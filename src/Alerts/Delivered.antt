-- ===== src/Alerts/Delivered.antt =====
-- The counters and the rows of a delivery of alerts.
use multi_tenant_agentic_wor.Base.{
  ℕ, ◌+◌, ◌*◌, ◌≡◌, refl, subst, Bool, not, Option, none, some, List, [], ◌∷◌, ◌++◌, arith,
  if◌then◌else◌, is_empty, length, length-append, select_where, count_where, Bool-cases, inl, inr,
  ok, ok-value,
}
use multi_tenant_agentic_wor.Tables.{Route, AlertChannel}
use multi_tenant_agentic_wor.Store.{World}
use multi_tenant_agentic_wor.Texts.{Texts}
use multi_tenant_agentic_wor.Health.{Alert}
use multi_tenant_agentic_wor.Alerts.{Policy, get_alert_policy, matched_alerts}
use multi_tenant_agentic_wor.Alerts.Sending.{
  DeliveryReport, Mailer, Notice, channel_of, deliver_dispatch_alerts, deliver_matched,
  deliver_routes, deliver_to, empty_delivery_report, is_held, notify, record_deliveries,
  record_delivery, send,
}
use multi_tenant_agentic_wor.Alerts.Cooldown.{KeepsDeliveries}
use multi_tenant_agentic_wor.Alerts.Rows.{deliver_matched-AreRows}

-- The report after so many alerts were considered for a channel.
pub record DeliveryAddsUp (n : ℕ) (r : DeliveryReport) : Type 0 where
  pub attempted : r.attempted ≡ r.delivered + r.failed
  pub items : length r.items ≡ r.attempted
  pub considered : r.attempted + r.skipped ≡ n

length-split :
    (p : Alert → Bool) (alerts : List Alert)
    → length (select_where (λ a. not (p a)) alerts) + count_where p alerts ≡ length alerts
unfolding select_where count_where
length-split p [] = omega arith
length-split p (a ∷ alerts) = ground (arith, length-split p alerts)

module _ (m : Mailer) where
  record_delivery-AddsUp :
      (tenant now : ℕ) (c : AlertChannel) (route : Route) (notice : Notice) (a : Alert) (w : World)
      (r : DeliveryReport) (n : ℕ)
      → DeliveryAddsUp n r
      → DeliveryAddsUp (n + 1) (record_delivery m tenant now c route notice a (w, r)).1
  unfolding record_delivery
  record_delivery-AddsUp tenant now c route notice a w r n h = elim (Bool-cases notice.delivered) [
    | inl sent ↦ rw sent (record {
      attempted = omega (arith, h.attempted);
      items = omega (arith, h.items, length-append {0} r.items);
      considered = omega (arith, h.considered);
    })
    | inr lost ↦ rw lost (record {
      attempted = omega (arith, h.attempted);
      items = omega (arith, h.items, length-append {0} r.items);
      considered = omega (arith, h.considered);
    })
  ]

  record_deliveries-AddsUp :
      (tenant now : ℕ) (c : AlertChannel) (route : Route) (notice : Notice) (alerts : List Alert)
      (w : World) (r : DeliveryReport) (n : ℕ)
      → DeliveryAddsUp n r
      → DeliveryAddsUp
          (n + length alerts)
          (record_deliveries m tenant now c route notice alerts (w, r)).1
  unfolding record_deliveries
  record_deliveries-AddsUp tenant now c route notice [] w r n h =
      subst (λ k. DeliveryAddsUp k r) (omega arith) h
  record_deliveries-AddsUp tenant now c route notice (a ∷ alerts) w r n h =
      let (w₁, r₁) = record_delivery m tenant now c route notice a (w, r) in
      subst
        (λ k.
          DeliveryAddsUp k (record_deliveries m tenant now c route notice (a ∷ alerts) (w, r)).1)
        (omega arith)
        (record_deliveries-AddsUp tenant now c route notice alerts w₁ r₁ (n + 1)
          (record_delivery-AddsUp tenant now c route notice a w r n h))

  send-AddsUp :
      (tenant now : ℕ) (route : Route) (c : AlertChannel) (alerts : List Alert) (w : World)
      (r : DeliveryReport) (n : ℕ)
      → DeliveryAddsUp n r
      → DeliveryAddsUp (n + length alerts) (send m tenant now route c alerts w r).1
  unfolding send
  send-AddsUp tenant now route c [] w r n h = subst (λ k. DeliveryAddsUp k r) (omega arith) h
  send-AddsUp tenant now route c (a ∷ alerts) w r n h =
      let (notice, w') = notify m c (a ∷ alerts) w in
      record_deliveries-AddsUp tenant now c route notice (a ∷ alerts) w' r n h

  module _ (enforce : Bool) (tenant minutes now : ℕ) (alerts : List Alert) where
    deliver_to-AddsUp :
        (route : Route) (c : Option AlertChannel) (w : World) (r : DeliveryReport) (n : ℕ)
        → DeliveryAddsUp n r
        → DeliveryAddsUp
            (n + length alerts)
            (deliver_to m enforce tenant minutes now alerts route c w r).1
    unfolding deliver_to
    deliver_to-AddsUp route none w r n h = record {
      attempted = h.attempted;
      items = h.items;
      considered = omega (arith, h.considered);
    }
    deliver_to-AddsUp route (some c) w r n h =
        let held = is_held m enforce w tenant c.id minutes now in
        let fresh = select_where (λ a. not (held a)) alerts in
        subst
          (λ k.
            DeliveryAddsUp k (deliver_to m enforce tenant minutes now alerts route (some c) w r).1)
          (omega (arith, length-split held alerts))
          (send-AddsUp tenant now route c fresh w
            (record r { skipped = r.skipped + count_where held alerts })
            (n + count_where held alerts)
            (record {
              attempted = h.attempted;
              items = h.items;
              considered = omega (arith, h.considered);
            }))

    deliver_routes-AddsUp :
        (routes : List Route) (w : World) (r : DeliveryReport) (n : ℕ)
        → DeliveryAddsUp n r
        → DeliveryAddsUp
            (n + length alerts * count_where (λ c. c.enabled) routes)
            (deliver_routes m enforce tenant minutes now alerts routes w r).1
    unfolding deliver_routes count_where
    deliver_routes-AddsUp [] w r n h = subst (λ k. DeliveryAddsUp k r) (omega arith) h
    deliver_routes-AddsUp (route ∷ routes) w r n h = elim (Bool-cases route.enabled) [
      | inl on ↦
          let s =
            deliver_to m enforce tenant minutes now alerts route (channel_of m w tenant route) w
              r in
          rw on (
            subst
              (λ k.
                DeliveryAddsUp k
                  (deliver_routes m enforce tenant minutes now alerts routes s.0 s.1).1)
              (omega arith)
              (deliver_routes-AddsUp routes s.0 s.1 (n + length alerts)
                (deliver_to-AddsUp route (channel_of m w tenant route) w r n h)))
      | inr off ↦ rw off (
          subst
            (λ k.
              DeliveryAddsUp k (deliver_routes m enforce tenant minutes now alerts routes w r).1)
            (omega arith) (deliver_routes-AddsUp routes w r n h))
    ]

  -- How many pairs of an alert and a route a delivery considers.
  abbrev pub considered : Policy → List Alert → ℕ
  considered p alerts =
      if p.enabled then length alerts * count_where (λ c. c.enabled) p.channels else 0

  empty-AddsUp : DeliveryAddsUp 0 empty_delivery_report
  empty-AddsUp = record { attempted = refl; items = refl; considered = refl }

  deliver_matched-AddsUp :
      (enforce : Bool) (tenant : ℕ) (p : Policy) (alerts : List Alert) (w : World)
      → DeliveryAddsUp (considered p alerts) (deliver_matched m enforce tenant p alerts w).1
  unfolding deliver_matched
  deliver_matched-AddsUp enforce tenant p alerts w = elim (Bool-cases p.enabled) [
    | inl on ↦ rw on (some_alerts alerts)
    | inr off ↦ rw off empty-AddsUp
  ]
    where
      some_alerts :
          (alerts : List Alert)
          → DeliveryAddsUp
              (length alerts * count_where (λ c. c.enabled) p.channels)
              (if not (is_empty alerts)
                then deliver_routes m enforce tenant p.cooldown_minutes w.clock alerts p.channels w
                    empty_delivery_report
                else (w, empty_delivery_report)).1
      some_alerts [] =
          subst (λ k. DeliveryAddsUp k empty_delivery_report) (omega arith) empty-AddsUp
      some_alerts (a ∷ alerts) =
          subst
            (λ k.
              DeliveryAddsUp k
                (deliver_routes m enforce tenant p.cooldown_minutes w.clock (a ∷ alerts) p.channels
                  w empty_delivery_report).1)
            (omega arith)
            (deliver_routes-AddsUp enforce tenant p.cooldown_minutes w.clock (a ∷ alerts) p.channels
              w empty_delivery_report 0 empty-AddsUp)

  -- If what happens during a request to a channel adds no deliveries, the report of a delivery
  -- adds up: the deliveries that were attempted are those that succeeded and those that failed,
  -- each left a row, for the table of deliveries is what it was and then the items of the report,
  -- and with those that were skipped they are the matched alerts times the enabled routes of the
  -- policy, or none where the policy is disabled.
  pub deliver_dispatch_alerts-AddsUp :
      (t : Texts) (enforce : Bool) (w : World) (tenant hours : ℕ) (p : Policy) (w' : World)
      (r : DeliveryReport)
      → KeepsDeliveries m
      → get_alert_policy w tenant ≡ ok p
      → deliver_dispatch_alerts m t enforce w tenant hours ≡ ok (w', r)
      → DeliveryAddsUp (considered p (matched_alerts t w tenant hours p)) r
        × (w'.alert_deliveries ≡ w.alert_deliveries ++ r.items)
  unfolding deliver_dispatch_alerts
  deliver_dispatch_alerts-AddsUp t enforce w tenant hours p w' r keeps found h =
      let alerts = matched_alerts t w tenant hours p in
      subst
        (λ s.
          DeliveryAddsUp (considered p alerts) s.1
          × (s.0.alert_deliveries ≡ w.alert_deliveries ++ s.1.items))
        (ok-value (rw found at h))
        (
          deliver_matched-AddsUp enforce tenant p alerts w,
          deliver_matched-AreRows m keeps enforce tenant p alerts w,
        )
* * *
Work order => For each line of the material that includes the word "found", make a copy.

Solution below =>
  deliver_dispatch_alerts-AddsUp t enforce w tenant hours p w' r keeps found h =
        (ok-value (rw found at h))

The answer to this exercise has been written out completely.